There are more complexities as well, other ways to loop and test, but these are the basic ones.

---
layout: false

# Functions

As our problems get more involved, we will generally want to break larger problems up
into smaller ones.  Also, it is good to be able to generalize solutions to use in a wider
range of problems.  *Functions* provide a way to do this.

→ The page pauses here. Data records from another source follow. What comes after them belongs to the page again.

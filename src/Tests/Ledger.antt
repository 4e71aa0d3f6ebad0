-- ===== src/Tests/Ledger.antt =====
-- The ledger on two accounts and a journal of 10.00 from one to the other.
use eclipse_erp.Base.{ℕ, ◌+◌, ◌≡◌, refl, ◌≢◌, ◌↔◌, true, none, List, [], ◌∷◌, arith}
use eclipse_erp.Base.Effect.{ok}
use eclipse_erp.Text.{Text, codes, text_eq, text_ne, non_empty_string, currency_code, to_upper}
use eclipse_erp.Text.Decimal.{value, print}
use eclipse_erp.Dict.{total, lookup, insert, merge, values}
use eclipse_erp.Kernel.Amount.{is_minor_amount}
use eclipse_erp.Ledger.Port.{
  CreateExecutionAccountInput, JournalLine, PostJournalInput, ExecutionOutcome, positive_integer,
  valid_account_input, valid_journal_input, unbalanced,
}
use eclipse_erp.Ledger.Journal.{add_line, add_lines, validate_journal}
use eclipse_erp.Ledger.Journal.Balanced.{
  IsBalanced, validate_journal_iff, total_debit, total_credit,
}
use eclipse_erp.Ledger.Memory.{
  Store, Options, account_key, operation_key, fingerprint_of, normalize_lines,
}
use eclipse_erp.Ledger.Memory.Operations.{
  create_execution_account, accepted_outcome, account_inputs, apply_line, line_balances,
  violates_constraint, debits_and_credits_one, expected_test_transfer_ids, returned_transfer_ids,
}
use eclipse_erp.Ledger.Memory.Post.{
  post_journal, submit, validated, book, record_journal, reply, commit, known_accounts,
}
use eclipse_erp.Ledger.Memory.Outcomes.{answers_accepted, post_journal-once}
use eclipse_erp.Ledger.Memory.Sound.{IsSound, post_journal-IsSound}
use eclipse_erp.Ledger.Journal.{validation_reason, debit_of}
use eclipse_erp.Ledger.Memory.DoubleEntry.{debits, credits}
use eclipse_erp.Ledger.Memory.Overwrite.{post_journal-overwrites}
use eclipse_erp.Ledger.Memory.Accounts.{create_account-IsSound}

abbrev account : Text → CreateExecutionAccountInput
account id = record {
  tenant_id = codes "t";
  legal_entity_id = codes "e";
  account_id = id;
  currency = codes "EUR";
  mapping_version = 1;
  balance_constraint = none;
}

abbrev line : Text → Text → Text → JournalLine
line id debit credit = record { account_id = id; debit_minor = debit; credit_minor = credit }

abbrev journal : List JournalLine → PostJournalInput
journal lines = record {
  tenant_id = codes "t";
  legal_entity_id = codes "e";
  operation_id = codes "op";
  journal_id = codes "j";
  reference = codes "r";
  currency = codes "EUR";
  mapping_version = 1;
  lines = lines;
}

abbrev cash_lines : List JournalLine
cash_lines =
    line (codes "a") (codes "1000") (codes "0") ∷ line (codes "b") (codes "0") (codes "1000") ∷ []

abbrev empty : Store
empty = record { accounts = []; balances = []; operations = []; lost = []; failed_before = [] }

abbrev no_failures : Options
no_failures = record {
  lose_response_for = none;
  fail_before_submission_for = none;
  unavailable_for = none;
  corrupt_transfer_ids_for = none;
}

-- Both accounts, by the program's own operation.
opened : Store
opened =
    (create_execution_account (account (codes "b"))
      (create_execution_account (account (codes "a")) empty).1).1

empty-IsSound : IsSound empty
empty-IsSound = record {
  keyed = tt;
  covered = λ k e. unfold lookup in refl;
  double_entry = unfold total in refl;
}

opened-IsSound : IsSound opened
unfolding opened
opened-IsSound =
    create_account-IsSound (account (codes "b"))
      (create_execution_account (account (codes "a")) empty).1
      (create_account-IsSound (account (codes "a")) empty empty-IsSound)

post_journal-IsSound_example : IsSound (post_journal no_failures (journal cash_lines) opened).1
post_journal-IsSound_example =
    post_journal-IsSound no_failures (journal cash_lines) opened opened-IsSound
      ((different, tt), (tt, tt))
  where
    different : codes "b" ≢ codes "a"
    different = text_ne (codes "b") (codes "a") (unfold text_eq in refl)

cash-IsBalanced : IsBalanced cash_lines
unfolding total_debit total_credit value
cash-IsBalanced = omega arith

-- The code that the runs go through.
running : ℕ
unfolding post_journal submit validated book record_journal reply commit known_accounts
    account_inputs line_balances apply_line violates_constraint debits_and_credits_one
    accepted_outcome expected_test_transfer_ids returned_transfer_ids operation_key fingerprint_of
    normalize_lines account_key to_upper text_eq lookup insert merge values value print
    valid_journal_input valid_account_input positive_integer non_empty_string currency_code
    is_minor_amount validate_journal validation_reason add_line add_lines create_execution_account
    opened
running = 0

cash_accepted : answers_accepted (post_journal no_failures (journal cash_lines) opened).0 ≡ true
unfolding running
cash_accepted = refl

post_journal-once_example :
    post_journal no_failures
      (journal cash_lines)
      (post_journal no_failures (journal cash_lines) opened).1
    ≡ post_journal no_failures (journal cash_lines) opened
post_journal-once_example = post_journal-once no_failures (journal cash_lines) opened cash_accepted

short_rejected :
    (post_journal no_failures (journal []) opened).0
    ≡ ok (ExecutionOutcome.rejected (codes "op") unbalanced)
unfolding running
short_rejected = refl

validate_journal_iff_example :
    (validate_journal (journal cash_lines) ≡ none) ↔ IsBalanced cash_lines
validate_journal_iff_example = validate_journal_iff (journal cash_lines)

-- Two debits of 1.00 and 2.00 on one account, and the credit of both on another.
abbrev twice_lines : List JournalLine
twice_lines =
    line (codes "a") (codes "100") (codes "0")
    ∷ line (codes "a") (codes "200") (codes "0")
    ∷ line (codes "b") (codes "0") (codes "300")
    ∷ []

twice_accepted : answers_accepted (post_journal no_failures (journal twice_lines) opened).0 ≡ true
unfolding running
twice_accepted = refl

post_journal-overwrites_example :
    let s' = (post_journal no_failures (journal twice_lines) opened).1 in
    debits s'.balances + debit_of (line (codes "a") (codes "100") (codes "0")) ≡ credits s'.balances
unfolding running
post_journal-overwrites_example =
    post_journal-overwrites no_failures (journal twice_lines) opened
      (line (codes "a") (codes "100") (codes "0")) (line (codes "a") (codes "200") (codes "0"))
      (line (codes "b") (codes "0") (codes "300")) refl refl (text_ne (codes "b") (codes "a") refl)
      (omega arith, omega arith, omega arith) opened-IsSound refl twice_accepted
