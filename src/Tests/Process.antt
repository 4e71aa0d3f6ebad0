-- ===== src/Tests/Process.antt =====
-- Two jobs, and workers that claim them.
use eclipse_erp.Base.{
  ℕ, ◌+◌, ◌-◌, ◌≤◌, ◌≡◌, refl, ◌⊎◌, true, Option, none, some, List, [], ◌∷◌, find, map, length,
}
use eclipse_erp.Base.Effect.{ok}
use eclipse_erp.Base.Int.{ℤ, pos, negsuc}
use eclipse_erp.Text.{Text, codes, text_eq, non_empty_string}
use eclipse_erp.Text.Order.{text_lt}
use eclipse_erp.Text.Decimal.{is_digit}
use eclipse_erp.Kernel.Amount.{span_digits}
use eclipse_erp.Messaging.Events.{
  Platform, instant_string, iso_timestamp, after_template, is_fraction_zone, is_zone,
}
use eclipse_erp.Process.Jobs.{
  leased, Row, ProcessJob, DurableJobInput, DurableJob, ClaimInput, LeaseInput, FailInput,
  is_job_type, postgres_int, lease_state, valid_enqueue, valid_claim, valid_lease, valid_fail,
  valid_job, to_process_job,
}
use eclipse_erp.Process.Queue.{
  Table, has_id, set_where, returning, precedes, first, same_key, claimable, holds, lease_to,
  enqueue, decode_job, lease_row, claim_job, with_lease, renew_job, complete_job, fail_job,
}
use eclipse_erp.Process.Queue.Rows.{are_apart}
use eclipse_erp.Process.Queue.Phases.{
  Phase, held, waiting, held_phase, phase_of, phase, Call, enqueues, claims, completes, fails, Move,
  step, run,
}
use eclipse_erp.Process.Queue.Phases.Refines.{step-Move}
use eclipse_erp.Process.Queue.Phases.Leases.{is_stranger, run-exclusive}
use eclipse_erp.Process.Queue.Checks.{IsQueue, step-IsQueue}
use eclipse_erp.Process.Queue.Claims.First.{IsFree, IsBefore, claim_job-first}
use eclipse_erp.Process.Queue.Claims.Drain.{count, has_room, unlocked, may, claims-drain}

abbrev platform : Platform ℕ
platform = record {
  is_uuid = non_empty_string;
  equals = λ a b. true;
  time_of = λ s. some 900000;
  iso_string = λ t. codes "2026-01-01T00:00:00Z";
}

abbrev job : Text → ℤ → DurableJobInput ℕ
job key priority = record {
  tenant_id = codes "t";
  job_type = codes "process.order_confirmation.post_commit";
  idempotency_key = key;
  priority = priority;
  payload = 1;
  correlation_id = codes "c";
}

abbrev one : Table ℕ
one = (enqueue platform (job (codes "k1") (negsuc 4)) (codes "j1") 100 []).1

-- The second job is enqueued later and is more urgent.
abbrev two : Table ℕ
two = (enqueue platform (job (codes "k2") (pos 100)) (codes "j2") 200 one).1

abbrev who : Text → ClaimInput
who worker = record { tenant_id = codes "t"; worker_id = worker; job_type = none }

abbrev lease : (worker job token : Text) → LeaseInput
lease worker job token = record {
  tenant_id = codes "t";
  worker_id = worker;
  job_id = job;
  lease_token = token;
}

abbrev taken : Table ℕ
taken = (claim_job platform (who (codes "ann")) (codes "a") 300 unlocked two).1

abbrev ended : Table ℕ
ended = (complete_job platform (lease (codes "ann") (codes "j2") (codes "a")) 400 taken).1

abbrev gives_up : Text → Text → FailInput
gives_up worker token = record {
  lease = lease worker (codes "j2") token;
  error = codes "no answer";
  retry_at = some (codes "2026-01-01T00:15:00Z");
}

running : ℕ
unfolding enqueue claim_job lease_row renew_job complete_job fail_job with_lease decode_job
    returning set_where first precedes text_lt same_key claimable holds valid_enqueue valid_claim
    valid_lease valid_fail valid_job to_process_job lease_state is_job_type postgres_int
    instant_string iso_timestamp after_template is_fraction_zone is_zone is_digit span_digits
    non_empty_string text_eq are_apart phase_of held_phase is_stranger step run count has_room
running = 0

taken_test : phase (codes "j2") taken ≡ held (codes "ann") (codes "a") 300300
unfolding running
taken_test = refl

ended_test : phase (codes "j2") ended ≡ Phase.done
unfolding running
ended_test = refl

retried_test :
    phase (codes "j2") (fail_job platform (gives_up (codes "ann") (codes "a")) 400 taken).1
    ≡ waiting 900000
unfolding running
retried_test = refl

-- A claim after the lease expired takes the job over.
over_test :
    phase (codes "j2") (claim_job platform (who (codes "bob")) (codes "b") 300300 unlocked taken).1
    ≡ held (codes "bob") (codes "b") 600300
unfolding running
over_test = refl

step-Move_example :
    Move {Json = ℕ}
      (claims (who (codes "ann")) (codes "a") 300 unlocked)
      (phase (codes "j2") two)
      (phase (codes "j2") (step platform (claims (who (codes "ann")) (codes "a") 300 unlocked) two))
unfolding running
step-Move_example =
    step-Move platform (claims (who (codes "ann")) (codes "a") 300 unlocked) two (codes "j2") refl

abbrev others : List (Call ℕ)
others =
    (claims (who (codes "bob")) (codes "b") 310 unlocked)
    ∷ ((completes (lease (codes "bob") (codes "j2") (codes "a")) 320)
        ∷ ((fails (gives_up (codes "ann") (codes "old")) 330) ∷ []))

run-exclusive_example :
    phase (codes "j2") (run platform others taken) ≡ held (codes "ann") (codes "a") 300300
unfolding running
run-exclusive_example =
    run-exclusive platform others taken (codes "j2") (codes "ann") (codes "a") 300300 refl refl refl

abbrev taken_row : Row ℕ
taken_row = record {
  id = codes "j2";
  tenant_id = codes "t";
  job_type = codes "process.order_confirmation.post_commit";
  idempotency_key = codes "k2";
  priority = pos 100;
  status = leased;
  scheduled_at = 200;
  lease_until = some 300300;
  lease_owner = some (codes "ann");
  lease_token = some (codes "a");
  attempts = 1;
  payload = 1;
  last_error = none;
  correlation_id = codes "c";
  completed_at = none;
  updated_at = 300;
}

empty-IsQueue : IsQueue {Json = ℕ} []
unfolding are_apart
empty-IsQueue = record { keyed = refl; unique = refl; checked = refl; bounded = refl }

one-IsQueue : IsQueue one
unfolding step
one-IsQueue =
    step-IsQueue platform (enqueues (job (codes "k1") (negsuc 4)) (codes "j1") 100) [] empty-IsQueue

step-IsQueue_example :
    IsQueue (step platform (enqueues (job (codes "k2") (pos 100)) (codes "j2") 200) one)
step-IsQueue_example =
    step-IsQueue platform (enqueues (job (codes "k2") (pos 100)) (codes "j2") 200) one one-IsQueue

abbrev first_answer : Option (ProcessJob ℕ)
first_answer = some (to_process_job platform taken_row)

claim_job-first_example :
    ((first_answer ≡ none)
      × ((x : Row ℕ)
          → find (has_id x.id) two ≡ some x
          → ¬ (IsFree (who (codes "ann")) 300 unlocked x)))
    ⊎ ((row : Row ℕ) × (find (has_id row.id) two ≡ some row)
        × IsFree (who (codes "ann")) 300 unlocked row
        × ((x : Row ℕ)
            → find (has_id x.id) two ≡ some x
            → IsFree (who (codes "ann")) 300 unlocked x
            → ¬ (IsBefore x row))
        × (first_answer
            ≡ some (
                to_process_job platform
                  (lease_to (codes "ann") (codes "a") 300 (row.attempts + 1) row))))
unfolding running
claim_job-first_example =
    claim_job-first platform (who (codes "ann")) (codes "a") 300 unlocked two first_answer refl refl
      refl

abbrev tokens : List Text
tokens = codes "a" ∷ (codes "b" ∷ [])

abbrev drained : Table ℕ
drained = run platform (map (λ (k : Text). claims (who (codes "ann")) k 300 unlocked) tokens) two

claims-drain_example :
    (count (may (who (codes "ann")) 300) drained
      ≡ count (may (who (codes "ann")) 300) two - length tokens)
    × (count (may (who (codes "ann")) 300) two ≤ length tokens
        → claim_job platform (who (codes "ann")) (codes "c") 300 unlocked drained
          ≡ (ok none, drained))
unfolding running
claims-drain_example =
    claims-drain platform (who (codes "ann")) tokens (codes "c") 300 two refl refl refl

abbrev first_job : DurableJob ℕ
first_job = record { job_id = codes "j2"; input = job (codes "k2") (pos 100) }
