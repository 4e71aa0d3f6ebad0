-- ===== src/Tests/Readiness.antt =====
-- Two snapshots that agree, one with a lost transfer, and opening balances on both sides.
use eclipse_erp.Base.{ℕ, ◌≡◌, refl, ◌↔◌, true, false, List, [], ◌∷◌, ◌==◌, length}
use eclipse_erp.Text.{Text, codes, text_eq, to_upper}
use eclipse_erp.Text.Decimal.{value, print}
use eclipse_erp.Text.Order.{text_lt, put, to_sorted}
use eclipse_erp.Dict.{lookup, insert, merge}
use eclipse_erp.Kernel.Amount.{is_minor_amount}
use eclipse_erp.Accounting.Evidence.{cutover_rehearsal, fenced}
use eclipse_erp.Accounting.Journals.{texts_eq}
use eclipse_erp.Accounting.Readiness.{
  Snapshot, TransferFact, EvidenceSource, Digests, same_operation, same_fact, same_balance,
  same_projection, source_loop, target_loop, compare_maps, compare_snapshots, sum_minor,
  build_evidence,
}
use eclipse_erp.Accounting.Readiness.Agree.{IsAgreed, build_evidence-agrees}
use eclipse_erp.Accounting.Readiness.Opening.{
  OpeningBalance, amount_or_zero, sum_field, count_of, set_of, differing, all_amounts,
  compare_entries, check_key, check_keys, verify_opening_balances,
}

abbrev transfer : Text → TransferFact
transfer amount = record {
  operation_id = codes "op";
  position = 0;
  status = codes "accepted";
  transfer_id = codes "7";
  debit_account_id = codes "a1";
  credit_account_id = codes "a2";
  amount_minor = amount;
  currency = codes "EUR";
  mapping_version = 1;
}

abbrev facts : List TransferFact → Snapshot
facts transfers = record {
  operations =
      record {
        operation_id = codes "op";
        status = codes "accepted";
        currency = codes "EUR";
        mapping_version = 1;
      }
      ∷ [];
  transfers = transfers;
  balances =
      record {
        account_id = codes "a1";
        currency = codes "EUR";
        mapping_version = 1;
        debits_posted_minor = codes "50";
        credits_posted_minor = codes "0";
      }
      ∷ [];
  projections =
      record {
        operation_id = codes "op";
        journal_status = codes "posted";
        transfer_ids = codes "7" ∷ [];
      }
      ∷ [];
}

abbrev rehearsal : (source target : Snapshot) → EvidenceSource
rehearsal source target = record {
  tenant_id = codes "t";
  legal_entity_id = codes "le";
  kind = cutover_rehearsal;
  completeness = fenced;
  scope = codes "all";
  mapping_version = 1;
  currency = codes "eur";
  source_watermark = codes "w1";
  target_watermark = codes "w2";
  source_snapshot_ref = codes "s1";
  target_snapshot_ref = codes "s2";
  source = source;
  target = target;
  started_at = codes "";
  completed_at = codes "";
}

abbrev digests : Digests
digests = record {
  of_operations = λ fs. print (length fs);
  of_balances = λ fs. print (length fs);
  of_transfers = λ fs. print (length fs);
  of_projections = λ fs. print (length fs);
  upper = to_upper;
}

abbrev whole : Snapshot
whole = facts (transfer (codes "50") ∷ [])

abbrev entry : Text → Text → OpeningBalance
entry currency debits = record {
  legal_entity_id = codes "le";
  account_id = codes "a1";
  currency = currency;
  mapping_version = 1;
  debits_minor = debits;
  credits_minor = codes "0";
}

running : ℕ
unfolding to_upper text_eq print value text_lt put to_sorted lookup insert merge is_minor_amount
    texts_eq same_operation same_fact same_balance same_projection source_loop target_loop
    compare_maps compare_snapshots sum_minor build_evidence amount_or_zero sum_field count_of set_of
    differing all_amounts compare_entries check_key check_keys verify_opening_balances
running = 0

agree_test : (build_evidence digests (rehearsal whole whole)).mismatch_count ≡ 0
unfolding running
agree_test = refl

lost_test : (build_evidence digests (rehearsal whole (facts []))).mismatch_count ≡ 1
unfolding running
lost_test = refl

changed_test :
    (build_evidence digests (rehearsal whole (facts (transfer (codes "51") ∷ [])))).mismatch_count
    ≡ 1
unfolding running
changed_test = refl

build_evidence-agrees_example :
    ((build_evidence digests (rehearsal whole (facts []))).mismatch_count == 0 ≡ true)
    ↔ IsAgreed whole (facts [])
build_evidence-agrees_example = build_evidence-agrees digests (rehearsal whole (facts []))

opening_test :
    (verify_opening_balances to_upper
      (entry (codes "eur") (codes "50") ∷ [])
      (entry (codes "EUR") (codes "50") ∷ [])).is_ok
    ≡ true
unfolding running
opening_test = refl

twice_test :
    (verify_opening_balances to_upper
      (entry (codes "EUR") (codes "50") ∷ (entry (codes "EUR") (codes "0") ∷ []))
      (entry (codes "EUR") (codes "50") ∷ [])).is_ok
    ≡ false
unfolding running
twice_test = refl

For example: Suppose what we want to determine is how "diverse" a text is.
That is, how many unique words there are as a proportion of the total number of words.

```python
>>> print(len(text1))
260819
>>> print(len(set(text1)))
19317
>>> print(19317/260819)
0.07406285585022564
```

---
layout: false

We can do this over and over for each text we want to do this with, but if we could
create something like a Python "command" to automatically do this for a text, even better.
This is what a function is (and actually, all of the NLTK stuff is basically made up of
functions that the NLTK developers defined for us ahead of time).

```python
def lexical_diversity(text):
    return len(set(text)) / len(text)
```

With that, we can do this:

```python
>>> print(lexical_diversity(text1))
0.07406285585022564
```

Although you can define functions just fine at the command line, it's better as
part of a script.  Easier to modify, etc.

---
layout: false

This is so far not great, because we didn't collapse the case distinction.  We can amend
our function to fix that.

```python
def lexical_diversity(text):
    lowertext = [w.lower() for w in text]
    return len(set(lowertext)) / len(lowertext)
```

Now, we get a slightly different answer.  One hope, more conceptually correct.

```python
>>> print(lexical_diversity(text1))
0.06606497226045649
```

At this point, if we trust our work, we can just file that away.  That's our
lexical diversity function, we can mostly forget about how it works and just use it
in the same way we use `len` or `set` or whatever (so long as we have the code to
define it in our script).

When we use those `import` lines, it is defining a bunch of functions (essentially)
that are stored in files that NLTK (or another Python library) mkes available.

There's plenty more to say about functions, but we have to start somewhere.